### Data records
◇ ◇ ◇ ◇ ◇ ◇ ◇
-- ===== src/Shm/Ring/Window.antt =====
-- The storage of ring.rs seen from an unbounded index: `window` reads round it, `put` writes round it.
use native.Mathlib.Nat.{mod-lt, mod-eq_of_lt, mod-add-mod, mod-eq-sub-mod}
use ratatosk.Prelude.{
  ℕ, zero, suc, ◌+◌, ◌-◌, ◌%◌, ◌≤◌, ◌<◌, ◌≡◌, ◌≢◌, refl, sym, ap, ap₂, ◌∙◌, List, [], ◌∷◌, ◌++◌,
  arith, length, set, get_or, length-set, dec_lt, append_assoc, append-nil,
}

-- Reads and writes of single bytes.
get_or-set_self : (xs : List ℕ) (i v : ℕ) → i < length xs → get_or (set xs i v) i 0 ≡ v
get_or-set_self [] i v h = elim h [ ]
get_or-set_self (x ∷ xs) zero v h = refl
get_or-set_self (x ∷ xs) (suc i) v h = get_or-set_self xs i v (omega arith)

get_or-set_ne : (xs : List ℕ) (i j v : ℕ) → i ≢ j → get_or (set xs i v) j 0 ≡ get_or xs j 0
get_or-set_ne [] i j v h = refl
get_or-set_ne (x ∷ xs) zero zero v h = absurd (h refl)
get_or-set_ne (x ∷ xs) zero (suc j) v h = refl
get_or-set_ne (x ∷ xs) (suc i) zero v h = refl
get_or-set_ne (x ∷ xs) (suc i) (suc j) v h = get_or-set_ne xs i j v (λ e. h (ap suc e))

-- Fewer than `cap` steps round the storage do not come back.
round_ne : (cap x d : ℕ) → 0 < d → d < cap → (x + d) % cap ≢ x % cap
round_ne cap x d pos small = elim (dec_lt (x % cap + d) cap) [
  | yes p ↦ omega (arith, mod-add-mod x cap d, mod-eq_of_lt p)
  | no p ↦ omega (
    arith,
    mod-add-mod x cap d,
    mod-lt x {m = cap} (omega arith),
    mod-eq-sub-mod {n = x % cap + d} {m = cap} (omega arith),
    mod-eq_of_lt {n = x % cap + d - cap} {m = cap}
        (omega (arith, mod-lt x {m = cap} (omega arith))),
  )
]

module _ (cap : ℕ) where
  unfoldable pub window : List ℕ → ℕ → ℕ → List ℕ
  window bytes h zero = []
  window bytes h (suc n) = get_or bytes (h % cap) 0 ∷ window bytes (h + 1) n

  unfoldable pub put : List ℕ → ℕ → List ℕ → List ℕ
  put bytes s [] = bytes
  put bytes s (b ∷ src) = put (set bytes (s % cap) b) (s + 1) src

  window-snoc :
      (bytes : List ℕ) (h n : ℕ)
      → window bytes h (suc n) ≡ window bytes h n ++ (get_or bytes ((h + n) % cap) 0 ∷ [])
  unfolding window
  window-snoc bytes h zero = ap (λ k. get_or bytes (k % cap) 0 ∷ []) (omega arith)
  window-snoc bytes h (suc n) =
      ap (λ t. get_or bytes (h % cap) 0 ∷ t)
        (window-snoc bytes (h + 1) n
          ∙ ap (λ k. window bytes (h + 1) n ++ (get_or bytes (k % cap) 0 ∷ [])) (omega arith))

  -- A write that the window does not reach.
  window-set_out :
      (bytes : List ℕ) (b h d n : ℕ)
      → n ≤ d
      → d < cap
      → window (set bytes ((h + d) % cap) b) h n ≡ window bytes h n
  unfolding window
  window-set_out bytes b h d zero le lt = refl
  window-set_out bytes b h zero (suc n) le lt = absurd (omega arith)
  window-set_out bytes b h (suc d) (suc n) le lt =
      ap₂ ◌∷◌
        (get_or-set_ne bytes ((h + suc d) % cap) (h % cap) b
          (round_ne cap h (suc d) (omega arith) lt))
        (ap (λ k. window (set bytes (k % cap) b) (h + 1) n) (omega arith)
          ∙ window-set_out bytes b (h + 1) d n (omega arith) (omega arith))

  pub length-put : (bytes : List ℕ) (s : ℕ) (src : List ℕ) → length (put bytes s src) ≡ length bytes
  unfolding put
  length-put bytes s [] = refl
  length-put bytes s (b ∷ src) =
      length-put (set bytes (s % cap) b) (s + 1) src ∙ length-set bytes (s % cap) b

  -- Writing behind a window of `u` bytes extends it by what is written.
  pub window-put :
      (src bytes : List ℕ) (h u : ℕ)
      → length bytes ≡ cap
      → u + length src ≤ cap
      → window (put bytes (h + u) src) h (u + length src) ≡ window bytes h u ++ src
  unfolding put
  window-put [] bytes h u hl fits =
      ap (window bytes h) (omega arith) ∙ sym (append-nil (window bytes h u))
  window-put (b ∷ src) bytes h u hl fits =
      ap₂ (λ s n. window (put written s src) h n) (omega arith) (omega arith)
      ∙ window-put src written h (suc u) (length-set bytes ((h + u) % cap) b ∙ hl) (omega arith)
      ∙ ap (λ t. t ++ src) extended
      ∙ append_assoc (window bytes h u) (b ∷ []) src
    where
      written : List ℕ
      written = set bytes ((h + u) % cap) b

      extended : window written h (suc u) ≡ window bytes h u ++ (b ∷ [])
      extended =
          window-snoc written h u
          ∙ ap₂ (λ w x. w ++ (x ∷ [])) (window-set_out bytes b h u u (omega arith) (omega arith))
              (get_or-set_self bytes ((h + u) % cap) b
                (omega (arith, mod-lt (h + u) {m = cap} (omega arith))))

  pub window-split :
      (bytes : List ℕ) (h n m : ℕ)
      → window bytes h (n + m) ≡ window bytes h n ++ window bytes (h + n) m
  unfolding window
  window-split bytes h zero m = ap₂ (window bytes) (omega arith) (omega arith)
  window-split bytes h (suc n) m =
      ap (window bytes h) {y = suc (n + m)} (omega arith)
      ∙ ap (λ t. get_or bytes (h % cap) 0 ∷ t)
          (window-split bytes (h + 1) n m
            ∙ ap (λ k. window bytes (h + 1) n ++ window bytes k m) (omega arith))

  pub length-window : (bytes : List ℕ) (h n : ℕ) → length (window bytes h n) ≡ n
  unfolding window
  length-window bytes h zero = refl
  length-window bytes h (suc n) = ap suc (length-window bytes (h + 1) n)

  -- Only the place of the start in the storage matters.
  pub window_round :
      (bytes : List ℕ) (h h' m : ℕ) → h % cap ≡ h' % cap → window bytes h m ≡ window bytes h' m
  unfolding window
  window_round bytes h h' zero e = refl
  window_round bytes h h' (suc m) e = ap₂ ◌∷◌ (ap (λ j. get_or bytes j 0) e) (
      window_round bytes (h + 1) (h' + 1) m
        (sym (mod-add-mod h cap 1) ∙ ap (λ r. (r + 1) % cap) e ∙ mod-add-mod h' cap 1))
◇ ◇ ◇ ◇ ◇ ◇ ◇
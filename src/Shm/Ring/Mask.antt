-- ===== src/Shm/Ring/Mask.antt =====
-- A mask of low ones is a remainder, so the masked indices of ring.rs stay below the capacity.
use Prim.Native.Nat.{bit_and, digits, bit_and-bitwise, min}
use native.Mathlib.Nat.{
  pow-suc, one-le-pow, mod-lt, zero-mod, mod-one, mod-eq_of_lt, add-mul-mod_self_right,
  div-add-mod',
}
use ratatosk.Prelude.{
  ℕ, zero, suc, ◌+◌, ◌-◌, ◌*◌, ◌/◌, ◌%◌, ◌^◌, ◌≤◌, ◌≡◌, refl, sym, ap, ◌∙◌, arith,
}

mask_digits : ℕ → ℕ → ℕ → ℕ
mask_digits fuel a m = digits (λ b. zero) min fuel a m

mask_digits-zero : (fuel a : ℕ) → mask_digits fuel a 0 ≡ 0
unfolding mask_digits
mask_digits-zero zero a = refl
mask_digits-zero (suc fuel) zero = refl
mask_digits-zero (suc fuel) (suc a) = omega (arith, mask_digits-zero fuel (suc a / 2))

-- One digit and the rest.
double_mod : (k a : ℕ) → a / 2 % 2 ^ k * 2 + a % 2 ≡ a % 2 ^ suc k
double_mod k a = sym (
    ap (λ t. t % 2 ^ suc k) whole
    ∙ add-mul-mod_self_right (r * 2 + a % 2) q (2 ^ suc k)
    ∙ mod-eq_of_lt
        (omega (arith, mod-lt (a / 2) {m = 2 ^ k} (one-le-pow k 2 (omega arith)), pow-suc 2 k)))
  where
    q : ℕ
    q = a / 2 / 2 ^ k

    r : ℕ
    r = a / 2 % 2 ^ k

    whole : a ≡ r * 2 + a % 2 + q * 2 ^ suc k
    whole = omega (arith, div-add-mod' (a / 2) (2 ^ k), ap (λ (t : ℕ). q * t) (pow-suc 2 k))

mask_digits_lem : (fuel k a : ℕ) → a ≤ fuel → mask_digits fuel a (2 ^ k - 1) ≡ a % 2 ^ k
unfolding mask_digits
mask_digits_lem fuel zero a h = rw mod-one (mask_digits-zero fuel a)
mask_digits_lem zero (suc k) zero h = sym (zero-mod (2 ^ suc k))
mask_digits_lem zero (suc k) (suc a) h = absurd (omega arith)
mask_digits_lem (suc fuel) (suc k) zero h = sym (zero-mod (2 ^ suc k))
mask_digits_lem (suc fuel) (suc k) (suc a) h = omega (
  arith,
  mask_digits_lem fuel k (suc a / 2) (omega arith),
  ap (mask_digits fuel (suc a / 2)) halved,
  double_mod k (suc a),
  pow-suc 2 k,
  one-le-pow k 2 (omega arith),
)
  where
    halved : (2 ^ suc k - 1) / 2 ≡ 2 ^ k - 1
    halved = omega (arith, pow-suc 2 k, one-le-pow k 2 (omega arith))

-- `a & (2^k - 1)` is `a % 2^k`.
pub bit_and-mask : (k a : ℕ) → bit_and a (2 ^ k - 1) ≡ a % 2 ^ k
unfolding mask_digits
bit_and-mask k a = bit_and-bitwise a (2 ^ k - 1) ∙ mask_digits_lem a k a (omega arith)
◇ ◇ ◇ ◇ ◇ ◇ ◇
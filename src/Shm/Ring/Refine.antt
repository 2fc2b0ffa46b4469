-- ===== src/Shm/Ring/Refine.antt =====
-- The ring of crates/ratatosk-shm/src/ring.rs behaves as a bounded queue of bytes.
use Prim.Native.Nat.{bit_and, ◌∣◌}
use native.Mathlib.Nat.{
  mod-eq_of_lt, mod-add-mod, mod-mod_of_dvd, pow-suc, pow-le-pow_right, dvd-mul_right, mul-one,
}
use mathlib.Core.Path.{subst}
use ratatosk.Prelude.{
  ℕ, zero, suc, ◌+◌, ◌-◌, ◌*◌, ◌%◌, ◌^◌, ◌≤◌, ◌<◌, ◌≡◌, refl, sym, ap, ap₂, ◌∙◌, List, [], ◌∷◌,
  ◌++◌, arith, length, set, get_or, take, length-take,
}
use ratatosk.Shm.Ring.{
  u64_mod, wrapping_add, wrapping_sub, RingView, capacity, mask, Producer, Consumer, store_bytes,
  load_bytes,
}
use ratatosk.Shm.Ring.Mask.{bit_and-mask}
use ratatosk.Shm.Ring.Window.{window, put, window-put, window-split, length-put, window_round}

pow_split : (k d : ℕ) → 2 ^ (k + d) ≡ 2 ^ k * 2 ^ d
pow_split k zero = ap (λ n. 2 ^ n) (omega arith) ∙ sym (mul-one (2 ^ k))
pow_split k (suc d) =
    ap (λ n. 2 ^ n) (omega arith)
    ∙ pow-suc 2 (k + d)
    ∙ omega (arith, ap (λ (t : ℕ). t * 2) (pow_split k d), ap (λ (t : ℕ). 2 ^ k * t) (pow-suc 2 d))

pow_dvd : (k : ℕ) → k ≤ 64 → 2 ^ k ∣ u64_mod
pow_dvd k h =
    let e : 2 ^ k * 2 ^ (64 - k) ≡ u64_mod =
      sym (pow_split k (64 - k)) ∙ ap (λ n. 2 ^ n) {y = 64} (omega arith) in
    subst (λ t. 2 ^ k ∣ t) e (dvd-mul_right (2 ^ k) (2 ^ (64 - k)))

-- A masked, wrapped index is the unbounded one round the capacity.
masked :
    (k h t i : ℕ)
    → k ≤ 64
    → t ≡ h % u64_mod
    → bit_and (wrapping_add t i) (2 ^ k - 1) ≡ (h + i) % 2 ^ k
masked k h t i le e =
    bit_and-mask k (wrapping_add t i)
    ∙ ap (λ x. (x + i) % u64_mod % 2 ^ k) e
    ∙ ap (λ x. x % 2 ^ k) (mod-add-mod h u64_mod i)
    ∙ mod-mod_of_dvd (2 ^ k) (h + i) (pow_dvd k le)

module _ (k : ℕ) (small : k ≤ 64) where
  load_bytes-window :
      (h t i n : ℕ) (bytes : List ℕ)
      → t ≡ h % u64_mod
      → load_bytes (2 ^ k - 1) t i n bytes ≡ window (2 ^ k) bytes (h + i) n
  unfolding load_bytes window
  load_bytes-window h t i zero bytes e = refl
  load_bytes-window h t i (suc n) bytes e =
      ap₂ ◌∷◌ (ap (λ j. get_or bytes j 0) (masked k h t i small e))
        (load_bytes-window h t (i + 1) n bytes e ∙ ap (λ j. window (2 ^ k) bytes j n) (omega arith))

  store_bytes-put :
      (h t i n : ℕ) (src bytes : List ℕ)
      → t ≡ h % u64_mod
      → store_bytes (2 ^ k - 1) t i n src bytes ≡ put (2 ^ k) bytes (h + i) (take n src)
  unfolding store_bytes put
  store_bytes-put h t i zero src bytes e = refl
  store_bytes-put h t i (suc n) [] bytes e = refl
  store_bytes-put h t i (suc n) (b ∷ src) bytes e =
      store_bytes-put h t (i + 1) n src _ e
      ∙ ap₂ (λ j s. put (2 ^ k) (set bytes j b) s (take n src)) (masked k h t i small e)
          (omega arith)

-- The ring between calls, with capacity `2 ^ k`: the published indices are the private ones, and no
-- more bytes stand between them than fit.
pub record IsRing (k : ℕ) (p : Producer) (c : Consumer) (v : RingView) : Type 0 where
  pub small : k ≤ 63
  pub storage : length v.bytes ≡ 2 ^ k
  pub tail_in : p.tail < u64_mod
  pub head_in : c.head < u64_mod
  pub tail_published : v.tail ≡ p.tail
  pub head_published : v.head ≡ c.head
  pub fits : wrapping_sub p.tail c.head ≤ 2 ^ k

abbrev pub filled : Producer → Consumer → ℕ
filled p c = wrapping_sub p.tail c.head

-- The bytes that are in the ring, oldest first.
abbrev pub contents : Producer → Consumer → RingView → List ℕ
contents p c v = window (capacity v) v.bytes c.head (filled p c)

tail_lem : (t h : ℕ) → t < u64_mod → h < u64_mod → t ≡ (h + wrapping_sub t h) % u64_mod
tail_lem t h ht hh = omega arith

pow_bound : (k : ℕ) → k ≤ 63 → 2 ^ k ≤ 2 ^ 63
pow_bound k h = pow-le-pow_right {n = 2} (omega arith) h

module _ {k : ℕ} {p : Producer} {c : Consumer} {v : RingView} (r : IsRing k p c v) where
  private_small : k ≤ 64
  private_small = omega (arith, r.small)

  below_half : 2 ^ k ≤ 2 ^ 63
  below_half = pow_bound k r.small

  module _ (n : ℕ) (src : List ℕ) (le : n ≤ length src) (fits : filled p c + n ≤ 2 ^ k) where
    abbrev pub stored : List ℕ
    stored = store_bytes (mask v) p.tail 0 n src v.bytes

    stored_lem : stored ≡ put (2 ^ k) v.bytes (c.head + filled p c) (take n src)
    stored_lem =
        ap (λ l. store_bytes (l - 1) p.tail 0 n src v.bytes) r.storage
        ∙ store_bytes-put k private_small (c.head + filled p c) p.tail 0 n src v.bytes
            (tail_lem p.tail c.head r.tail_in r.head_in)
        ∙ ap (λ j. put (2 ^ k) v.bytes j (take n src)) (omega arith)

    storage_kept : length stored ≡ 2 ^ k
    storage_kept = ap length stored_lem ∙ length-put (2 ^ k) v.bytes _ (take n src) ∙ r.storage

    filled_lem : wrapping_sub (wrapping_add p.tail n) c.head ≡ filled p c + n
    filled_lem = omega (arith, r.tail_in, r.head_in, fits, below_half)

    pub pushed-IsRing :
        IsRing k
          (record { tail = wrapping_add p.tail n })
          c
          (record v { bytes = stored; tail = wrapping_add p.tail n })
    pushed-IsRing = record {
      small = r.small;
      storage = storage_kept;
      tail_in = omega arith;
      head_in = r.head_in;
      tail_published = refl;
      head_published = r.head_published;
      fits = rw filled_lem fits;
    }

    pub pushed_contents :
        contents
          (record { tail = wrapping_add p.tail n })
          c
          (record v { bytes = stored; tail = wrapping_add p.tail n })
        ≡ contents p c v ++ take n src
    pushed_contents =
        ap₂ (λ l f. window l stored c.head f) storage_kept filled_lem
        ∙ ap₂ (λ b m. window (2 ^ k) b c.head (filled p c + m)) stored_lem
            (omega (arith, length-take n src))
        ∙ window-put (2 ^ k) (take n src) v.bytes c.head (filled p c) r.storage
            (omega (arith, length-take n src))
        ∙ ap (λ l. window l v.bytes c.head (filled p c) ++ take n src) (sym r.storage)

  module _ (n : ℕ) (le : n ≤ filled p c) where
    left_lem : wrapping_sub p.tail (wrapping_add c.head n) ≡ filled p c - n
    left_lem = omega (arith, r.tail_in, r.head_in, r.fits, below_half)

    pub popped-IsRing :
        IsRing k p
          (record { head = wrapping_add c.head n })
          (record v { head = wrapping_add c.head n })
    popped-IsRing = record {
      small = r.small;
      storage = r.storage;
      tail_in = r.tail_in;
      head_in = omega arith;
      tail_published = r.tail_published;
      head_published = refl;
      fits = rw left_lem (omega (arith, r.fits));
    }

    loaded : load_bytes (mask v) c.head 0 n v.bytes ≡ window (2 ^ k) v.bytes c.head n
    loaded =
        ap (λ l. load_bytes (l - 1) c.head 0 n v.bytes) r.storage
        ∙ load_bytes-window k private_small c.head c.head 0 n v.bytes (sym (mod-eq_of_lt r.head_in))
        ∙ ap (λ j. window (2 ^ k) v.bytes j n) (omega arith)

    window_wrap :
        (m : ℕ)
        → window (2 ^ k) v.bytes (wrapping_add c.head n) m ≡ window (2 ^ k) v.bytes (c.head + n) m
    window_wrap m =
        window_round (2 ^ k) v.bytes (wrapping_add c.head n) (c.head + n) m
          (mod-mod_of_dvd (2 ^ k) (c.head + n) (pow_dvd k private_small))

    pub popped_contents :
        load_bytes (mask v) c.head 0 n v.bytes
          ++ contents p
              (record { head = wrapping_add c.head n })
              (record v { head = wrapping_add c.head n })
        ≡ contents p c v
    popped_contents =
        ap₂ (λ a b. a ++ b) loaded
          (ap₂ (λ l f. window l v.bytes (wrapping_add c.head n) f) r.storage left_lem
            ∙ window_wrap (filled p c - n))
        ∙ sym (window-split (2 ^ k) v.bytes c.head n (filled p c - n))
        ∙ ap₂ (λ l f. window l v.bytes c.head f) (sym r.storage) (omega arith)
◇ ◇ ◇ ◇ ◇ ◇ ◇
### PROBLEM TO SOLVE
Could you transcribe the entries above word for word, from the line with "(h t i n : ℕ) (bytes : List ℕ)" down to the line with "contents p c v = window", keeping both?

### EXERCISE OUTPUT
      (h t i n : ℕ) (bytes : List ℕ)
      → t ≡ h % u64_mod
      → load_bytes (2 ^ k - 1) t i n bytes ≡ window (2 ^ k) bytes (h + i) n
  unfolding load_bytes window
  load_bytes-window h t i zero bytes e = refl
  load_bytes-window h t i (suc n) bytes e =
      ap₂ ◌∷◌ (ap (λ j. get_or bytes j 0) (masked k h t i small e))
        (load_bytes-window h t (i + 1) n bytes e ∙ ap (λ j. window (2 ^ k) bytes j n) (omega arith))

  store_bytes-put :
      (h t i n : ℕ) (src bytes : List ℕ)
      → t ≡ h % u64_mod
      → store_bytes (2 ^ k - 1) t i n src bytes ≡ put (2 ^ k) bytes (h + i) (take n src)
  unfolding store_bytes put
  store_bytes-put h t i zero src bytes e = refl
  store_bytes-put h t i (suc n) [] bytes e = refl
  store_bytes-put h t i (suc n) (b ∷ src) bytes e =
      store_bytes-put h t (i + 1) n src _ e
      ∙ ap₂ (λ j s. put (2 ^ k) (set bytes j b) s (take n src)) (masked k h t i small e)
          (omega arith)

-- The ring between calls, with capacity `2 ^ k`: the published indices are the private ones, and no
-- more bytes stand between them than fit.
pub record IsRing (k : ℕ) (p : Producer) (c : Consumer) (v : RingView) : Type 0 where
  pub small : k ≤ 63
  pub storage : length v.bytes ≡ 2 ^ k
  pub tail_in : p.tail < u64_mod
  pub head_in : c.head < u64_mod
  pub tail_published : v.tail ≡ p.tail
  pub head_published : v.head ≡ c.head
  pub fits : wrapping_sub p.tail c.head ≤ 2 ^ k

abbrev pub filled : Producer → Consumer → ℕ
filled p c = wrapping_sub p.tail c.head

-- The bytes that are in the ring, oldest first.
abbrev pub contents : Producer → Consumer → RingView → List ℕ
contents p c v = window (capacity v) v.bytes c.head (filled p c)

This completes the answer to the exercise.